----- Exercise data -----

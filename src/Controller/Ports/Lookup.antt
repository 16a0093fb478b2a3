-- ===== src/Controller/Ports/Lookup.antt =====
-- Which port the reconciled list has under a name.
use application_controller.Common.{
  String, Bool, true, false, ◌||◌, Option, none, some, is_some, List, [], ◌∷◌, ◌++◌, GoMap, lookup,
  insert, string_eq, ◌==◌, eq_iff, ◌≡◌, refl, arith, if◌then◌else◌, or_else, lookup-insert, ◌∙◌,
}
use application_controller.Kube.{ContainerPort, ServicePort}
use application_controller.Controller.Ports.{
  by_name, adopt_one, adopt_actual, append_new, reconcile_ports, adopt_container_port,
  reconcile_container_ports, adopt_service_port, reconcile_service_ports,
}

module _ {P : Type 0} (name_of : P → String) where
  -- The first port of that name, and the last one.
  abbrev pub find : String → List P → Option P
  find n [] = none
  find n (p ∷ ps) = if name_of p == n then some p else find n ps

  abbrev pub find_last : String → List P → Option P
  find_last n [] = none
  find_last n (p ∷ ps) = or_else (find_last n ps) (if name_of p == n then some p else none)

  find-append : (n : String) (xs ys : List P) → find n (xs ++ ys) ≡ or_else (find n xs) (find n ys)
  find-append n [] ys = refl
  find-append n (x ∷ xs) ys = ground (arith, find-append n xs ys)

  find_last-none : (n : String) (ps : List P) → find_last n ps ≡ none → find n ps ≡ none
  find_last-none n [] h = refl
  find_last-none n (p ∷ ps) h = ground (arith, find_last-none n ps)

  module _ (adopt : P → P → P) where
    pub lookup-by_name :
        (n : String) (ps : List P) (m : GoMap String P)
        → lookup n (by_name name_of adopt m ps) ≡ or_else (find_last n ps) (lookup n m)
    unfolding by_name
    lookup-by_name n [] m = refl
    lookup-by_name n (p ∷ ps) m =
        ground
          (arith, lookup-by_name n ps (insert (name_of p) p m), lookup-insert (name_of p) n p m)

    module _ (keeps_name : (got want : P) → name_of (adopt got want) ≡ name_of got) where
      -- What the existing ports give under a name.
      abbrev pub adopted : String → GoMap String P → List P → Option P
      adopted n desired actual = elim (lookup n desired) [
        | none ↦ none
        | some want ↦ elim (find n actual) [ none ↦ none | some got ↦ some (adopt got want) ]
      ]

      find-adopt_one :
          (n : String) (desired : GoMap String P) (got : P) (o : Option P) (actual : List P)
          (acc : List P × GoMap String Bool)
          → lookup (name_of got) desired ≡ o
          → or_else (find n (adopt_one name_of adopt got o acc).0) (adopted n desired actual)
            ≡ or_else (find n acc.0) (adopted n desired (got ∷ actual))
      unfolding adopt_one
      find-adopt_one n desired got none actual acc h = ground (arith, eq_iff (name_of got) n)
      find-adopt_one n desired got (some want) actual acc h = ground (
        arith,
        eq_iff (name_of got) n,
        find-append n acc.0 (adopt got want ∷ []),
        keeps_name got want,
      )

      find-adopt_actual :
          (n : String) (desired : GoMap String P) (actual : List P)
          (acc : List P × GoMap String Bool)
          → find n (adopt_actual name_of adopt desired actual acc).0
            ≡ or_else (find n acc.0) (adopted n desired actual)
      unfolding adopt_actual
      find-adopt_actual n desired [] acc = ground arith
      find-adopt_actual n desired (got ∷ actual) acc =
          find-adopt_actual n desired actual
            (adopt_one name_of adopt got (lookup (name_of got) desired) acc)
          ∙ find-adopt_one n desired got (lookup (name_of got) desired) actual acc refl

      -- Whether the name has been seen.
      abbrev pub saw : Option Bool → Bool
      saw (some true) = true
      saw _ = false

      seen-adopt_one :
          (n : String) (desired : GoMap String P) (got : P) (o : Option P) (actual : List P)
          (acc : List P × GoMap String Bool)
          → lookup (name_of got) desired ≡ o
          → (saw (lookup n (adopt_one name_of adopt got o acc).1)
              || is_some (adopted n desired actual))
            ≡ (saw (lookup n acc.1) || is_some (adopted n desired (got ∷ actual)))
      unfolding adopt_one
      seen-adopt_one n desired got none actual acc h = ground (arith, eq_iff (name_of got) n)
      seen-adopt_one n desired got (some want) actual acc h =
          ground (arith, eq_iff (name_of got) n, lookup-insert (name_of got) n true acc.1)

      pub seen-adopt_actual :
          (n : String) (desired : GoMap String P) (actual : List P)
          (acc : List P × GoMap String Bool)
          → saw (lookup n (adopt_actual name_of adopt desired actual acc).1)
            ≡ (saw (lookup n acc.1) || is_some (adopted n desired actual))
      unfolding adopt_actual
      seen-adopt_actual n desired [] acc = ground arith
      seen-adopt_actual n desired (got ∷ actual) acc =
          seen-adopt_actual n desired actual
            (adopt_one name_of adopt got (lookup (name_of got) desired) acc)
          ∙ seen-adopt_one n desired got (lookup (name_of got) desired) actual acc refl

      find-append_new :
          (n : String) (seen : GoMap String Bool) (desired result : List P)
          → find n (append_new name_of adopt seen desired result)
            ≡ or_else (find n result) (if saw (lookup n seen) then none else find n desired)
      unfolding append_new
      find-append_new n seen [] result = ground arith
      find-append_new n seen (want ∷ desired) result = ground (
        arith,
        eq_iff (name_of want) n,
        find-append_new n seen desired result,
        find-append_new n seen desired (result ++ want ∷ []),
        find-append n result (want ∷ []),
      )

      -- The port of the reconciled list under a name, first one taken: none, if no desired port has
      -- the name; else the existing port of that name with what it adopts from the last desired
      -- one; else, if no existing port has the name, the desired port.
      abbrev pub expected : String → List P → List P → Option P
      expected n actual desired = elim (find_last n desired) [
        | none ↦ none
        | some want ↦ elim (find n actual) [
          | none ↦ find n desired
          | some got ↦ some (adopt got want)
        ]
      ]

      pub find-reconcile_ports :
          (n : String) (actual desired : List P)
          → find n (reconcile_ports name_of adopt actual desired) ≡ expected n actual desired
      unfolding reconcile_ports lookup
      find-reconcile_ports n [] desired = ground (arith, find_last-none n desired)
      find-reconcile_ports n (got ∷ actual) desired = ground (
        arith,
        find_last-none n desired,
        lookup-by_name n desired [],
        find-adopt_actual n (by_name name_of adopt [] desired) (got ∷ actual) ([], []),
        seen-adopt_actual n (by_name name_of adopt [] desired) (got ∷ actual) ([], []),
        find-append_new n
            (adopt_actual name_of adopt (by_name name_of adopt [] desired) (got ∷ actual)
              ([], [])).1
            desired
            (adopt_actual name_of adopt (by_name name_of adopt [] desired) (got ∷ actual)
              ([], [])).0,
      )

-- Under every name, the reconciled container ports have: no port if no desired port has the name;
-- the existing port of that name, with the number and the protocol of the (last) desired one, if
-- both exist; and the desired port if there is no existing one.
pub find-reconcile_container_ports :
    (n : String) (actual desired : List ContainerPort)
    → find (λ p. p.name) n (reconcile_container_ports actual desired)
      ≡ (elim (find_last (λ (p : ContainerPort). p.name) n desired) [
        | none ↦ none
        | some want ↦ elim (find (λ (p : ContainerPort). p.name) n actual) [
          | none ↦ find (λ p. p.name) n desired
          | some got ↦
              some (record got { container_port = want.container_port; protocol = want.protocol })
        ]
      ])
unfolding reconcile_container_ports
find-reconcile_container_ports n actual desired =
    find-reconcile_ports (λ p. p.name) adopt_container_port (λ got want. refl) n actual desired

-- When an existing and a desired Service port have the same name, the reconciled list has a port
-- of that name with the target port and the protocol of the desired one, and with the port number
-- of the existing one: a change of the container port does not reach it.
pub find-reconcile_service_ports :
    (n : String) (actual desired : List ServicePort) (got want : ServicePort)
    → find (λ p. p.name) n actual ≡ some got
    → find_last (λ p. p.name) n desired ≡ some want
    → (r : ServicePort) × (find (λ p. p.name) n (reconcile_service_ports actual desired) ≡ some r)
      × (r.target_port ≡ want.target_port)
      × (r.protocol ≡ want.protocol)
      × (r.port ≡ got.port)
      × (r.node_port ≡ got.node_port)
unfolding reconcile_service_ports
find-reconcile_service_ports n actual desired got want existing wanted = (
  adopt_service_port got want,
  ground (
    arith,
    find-reconcile_ports (λ (p : ServicePort). p.name) adopt_service_port (λ got want. refl) n
        actual desired,
  ),
  refl,
  refl,
  refl,
  refl,
)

-----

• **Task details**:
Output the records above exactly, from their first line through the line that contains "find_last n (p", and add nothing.

• **Output**:
filename src/Controller/Ports/Lookup.antt
repository 16a0093fb478b2a3
-- ===== src/Controller/Ports/Lookup.antt =====
-- Which port the reconciled list has under a name.
use application_controller.Common.{
  String, Bool, true, false, ◌||◌, Option, none, some, is_some, List, [], ◌∷◌, ◌++◌, GoMap, lookup,
  insert, string_eq, ◌==◌, eq_iff, ◌≡◌, refl, arith, if◌then◌else◌, or_else, lookup-insert, ◌∙◌,
}
use application_controller.Kube.{ContainerPort, ServicePort}
use application_controller.Controller.Ports.{
  by_name, adopt_one, adopt_actual, append_new, reconcile_ports, adopt_container_port,
  reconcile_container_ports, adopt_service_port, reconcile_service_ports,
}

module _ {P : Type 0} (name_of : P → String) where
  -- The first port of that name, and the last one.
  abbrev pub find : String → List P → Option P
  find n [] = none
  find n (p ∷ ps) = if name_of p == n then some p else find n ps

  abbrev pub find_last : String → List P → Option P
  find_last n [] = none
  find_last n (p ∷ ps) = or_else (find_last n ps) (if name_of p == n then some p else none)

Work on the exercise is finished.